This year’s Christmas Dinner will be different than in previous years, due to the presence of Dennis Grayling, 56, your mother’s new boyfriend.
“Well, Dennis and I have been getting pretty involved lately,” explains your mother. “Also, his daughter and her fiancée said that they want to have some time to themselves this Christmas.”
“It’s just not Christmas without Dennis’s famous southwest coleslaw,” reports Dennis as he places the plastic container on the platter in the center of the table where the roast beef is supposed to go.
“The secret ingredient,” he discloses, “is bacon.” Dennis wants three things for Christmas this year: his new heartburn medication, tougher immigration legislation, and your mother’s thighs. She punches his shoulder teasingly and you avert your eyes as her attempts to sexily nibble his ear result in her licking his sideburns. “How’s Barber College going, Cowboy?” teases Dennis, who makes it up to you by showing you his tattoo of a Harley Davidson motorcycle above the words, “Spring Break, 1976.”

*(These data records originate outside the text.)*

-- ===== src/Registry.antt =====
-- include/apr/registry.hpp and src/core/registry.cpp: the registry of nodes. The lock makes each
-- method one step, but for the sweep, which is modelled with no other call between its parts.
-- `now` is the clock's reading in seconds, `dump` the serialisation of nlohmann/json, and
-- `node_size` is sizeof(node_info). The map of nodes is a list in the container's order of
-- iteration, which the standard leaves open: a new node is put at its end. An event is the node
-- that the callbacks get; the callbacks are in Observers, and the log is left out.
mod Tests
pub mod Updates
pub mod Extra
pub mod Extended
pub mod Validity
pub mod Methods
pub mod Registered
pub mod Resolve
pub mod Pages
pub mod Stats
pub mod Sweep
pub mod Drift
pub mod Observers
use lightapr.Prelude.{
  ℕ, zero, suc, ◌+◌, ◌-◌, ◌*◌, ◌%◌, ◌^◌, Bool, true, false, not, ◌&&◌, ◌||◌, Option, none, some,
  List, [], ◌∷◌, ◌++◌, ltb, leb, ◌==◌, if◌then◌else◌, length, take, drop, get_elem?, min, map,
}
use lightapr.Prelude.Text.{Text, codes, text_eq, empty}
use lightapr.Prelude.Dict.{Dict, lookup, insert, erase}
use lightapr.Prelude.Int.{ℤ, pos, ◌+ℤ◌, ◌-ℤ◌, sub_ℕ}
use lightapr.Node.{EndpointInfo, NodeInfo, NodeStatus, ok, grace, erased}

-- What the registry holds: the nodes, the round-robin indices, the two counters, and the two gauges
-- of the memory tracker that it alone moves.
pub record Registry (V : Type 0) : Type 0 where
  pub nodes : Dict (NodeInfo V)
  pub rr_indices : Dict ℕ
  pub id_counter : ℕ
  pub registry_bytes : ℤ
  pub extra_bytes : ℤ

pub record RegistryStats : Type 0 where
  pub total_nodes : ℕ
  pub alive_nodes : ℕ
  pub grace_nodes : ℕ
  pub roles : Dict ℕ
  pub workers : Dict ℕ

unfoldable pub new : {V : Type 0} → Registry V
new = record {
  nodes = [];
  rr_indices = [];
  id_counter = 1;
  registry_bytes = pos 0;
  extra_bytes = pos 0;
}

-- std::find over the workers.
unfoldable pub has_worker : Text → List Text → Bool
has_worker w [] = false
has_worker w (x ∷ xs) = text_eq x w || has_worker w xs

-- The grace period, in seconds.
abbrev pub grace_period : ℕ
grace_period = 180

-- `remaining > 0 ? remaining : 0` for `remaining = 180 - (now - active_at)`, on signed numbers.
unfoldable pub remaining : ℕ → ℕ → ℕ
remaining now active_at = active_at + grace_period - now

-- `status == node_status::ok` and so on.
unfoldable pub is_ok : NodeStatus → Bool
is_ok ok = true
is_ok grace = false
is_ok erased = false

unfoldable pub is_grace : NodeStatus → Bool
is_grace ok = false
is_grace grace = true
is_grace erased = false

unfoldable pub is_erased : NodeStatus → Bool
is_erased ok = false
is_erased grace = false
is_erased erased = true

-- The copy that a reader gets: a node in its grace period with the seconds that it has left.
unfoldable pub with_remaining : {V : Type 0} → ℕ → NodeInfo V → NodeInfo V
with_remaining now n =
    if is_grace n.status then record n { expires_in = some (remaining now n.active_at) } else n

-- `role + ":" + worker`
unfoldable pub rr_key : Text → Text → Text
rr_key role worker = role ++ (b':' ∷ worker)

-- `operator[]` makes a missing index 0.
unfoldable pub rr_index : Text → Dict ℕ → ℕ
rr_index key m = elim (lookup key m) [ none ↦ 0 | some i ↦ i ]

-- `++m[key]`
unfoldable pub increment : Text → Dict ℕ → Dict ℕ
increment key m = insert key (rr_index key m + 1) m

unfoldable pub increments : List Text → Dict ℕ → Dict ℕ
increments [] m = m
increments (w ∷ ws) m = increments ws (increment w m)

module _ {V : Type 0} where
  unfoldable pub get_node : Registry V → ℕ → Text → Option (NodeInfo V)
  get_node r now id = elim (lookup id r.nodes) [
    | none ↦ none
    | some n ↦ elim n.expires_in [ none ↦ some n | some e ↦ some (with_remaining now n) ]
  ]

  -- A node found by the key takes the change, and is what the callbacks get.
  unfoldable pub mark_node_grace : Registry V → ℕ → Text → Option (Registry V × NodeInfo V)
  mark_node_grace r now id = elim (lookup id r.nodes) [
    | none ↦ none
    | some n ↦
        let n' = record n { status = grace; active_at = now; expires_in = some grace_period } in
        some (record r { nodes = insert id n' r.nodes }, n')
  ]

  unfoldable pub restore_node_active : Registry V → ℕ → Text → Option (Registry V × NodeInfo V)
  restore_node_active r now id = elim (lookup id r.nodes) [
    | none ↦ none
    | some n ↦
        let n' = record n { status = ok; active_at = now; expires_in = none } in
        some (record r { nodes = insert id n' r.nodes }, n')
  ]

  -- The filters of query_registry.
  unfoldable pub matches_filters : Text → Text → NodeInfo V → Bool
  matches_filters role_filter worker_filter n =
      not (is_erased n.status)
      && ((empty role_filter || text_eq n.role role_filter)
          && (empty worker_filter || has_worker worker_filter n.workers))

  unfoldable pub matched : ℕ → Text → Text → Dict (NodeInfo V) → List (NodeInfo V)
  matched now role_filter worker_filter [] = []
  matched now role_filter worker_filter ((id, n) ∷ m) =
      let rest = matched now role_filter worker_filter m in
      if matches_filters role_filter worker_filter n then with_remaining now n ∷ rest else rest

  -- The page of a list; `none` is a vector built from an end before its start. size_t wraps.
  unfoldable pub page_of : ℕ → ℕ → List (NodeInfo V) → Option (List (NodeInfo V))
  page_of page count found =
      let total = length found in
      let start_idx = ((if ltb page 1 then 1 else page) - 1) * count % 2 ^ 64 in
      let end_idx = min ((start_idx + count) % 2 ^ 64) total in
      if leb total start_idx
      then some []
      else if ltb end_idx start_idx
      then none
      else some (take (end_idx - start_idx) (drop start_idx found))

  unfoldable pub query_registry :
      Registry V → ℕ → ℕ → ℕ → Text → Text → ℕ × Option (List (NodeInfo V))
  query_registry r now page count role_filter worker_filter =
      let found = matched now role_filter worker_filter r.nodes in
      (length found, page_of page count found)

  -- The candidates of resolve_node.
  unfoldable pub is_candidate : Text → Text → NodeInfo V → Bool
  is_candidate role worker n =
      is_ok n.status && (text_eq n.role role && (empty worker || has_worker worker n.workers))

  unfoldable pub candidates : Text → Text → Dict (NodeInfo V) → List (NodeInfo V)
  candidates role worker [] = []
  candidates role worker ((id, n) ∷ m) =
      let rest = candidates role worker m in if is_candidate role worker n then n ∷ rest else rest

  unfoldable pub resolve_node : Registry V → Text → Text → Option (NodeInfo V) × Registry V
  resolve_node r role worker =
      let found = candidates role worker r.nodes in
      let idx = rr_index (rr_key role worker) r.rr_indices % length found in
      if length found == 0 then (none, r) else (
        get_elem? found idx,
        record r {
          rr_indices = insert (rr_key role worker) ((idx + 1) % length found) r.rr_indices;
        },
      )

  -- The loop of get_stats, over the nodes that are left.
  unfoldable pub stats_loop : Dict (NodeInfo V) → RegistryStats → RegistryStats
  stats_loop [] s = s
  stats_loop ((id, n) ∷ m) s = stats_loop m (record s {
    alive_nodes = if is_ok n.status then s.alive_nodes + 1 else s.alive_nodes;
    grace_nodes = if is_grace n.status then s.grace_nodes + 1 else s.grace_nodes;
    roles = increment n.role s.roles;
    workers = increments n.workers s.workers;
  })

  unfoldable pub get_stats : Registry V → RegistryStats
  get_stats r = stats_loop r.nodes (record {
    total_nodes = length r.nodes;
    alive_nodes = 0;
    grace_nodes = 0;
    roles = [];
    workers = [];
  })

  -- The ids of the nodes whose grace period is over: `now - active_at >= 180`.
  unfoldable pub expired_ids : ℕ → Dict (NodeInfo V) → List Text
  expired_ids now [] = []
  expired_ids now ((id, n) ∷ m) =
      let rest = expired_ids now m in
      if is_grace n.status && leb (n.active_at + grace_period) now then id ∷ rest else rest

Over dinner, Dennis talks about the dry cleaning company that he runs with his older brother, that time he went to Miami, and how he’s happy for his ex-wife, despite all the raw shit she put him through. “So Cowboy,” he asks you, “got any special lady in your life?” “No,” you say tersely, prompting him to reassure you about how it will all work out, how you’re a good looking kid, and how forlorn he was after his wife left him, only to find a beautiful new woman who lets him do things his old wife never would.
“I want you to know that I am in this for the long haul,” Dennis says after dinner, tipsily readjusting his Santa hat, “never turn back, that’s my motto.” Maybe it’s not so bad. At least your mother seems happy. But Dennis’s breath smells like Pepto Bismol and you’ve never really felt like a Cowboy. Nonetheless, Dennis understands what you’re going through. He’s a child of divorce himself and, hey, he turned out pretty good.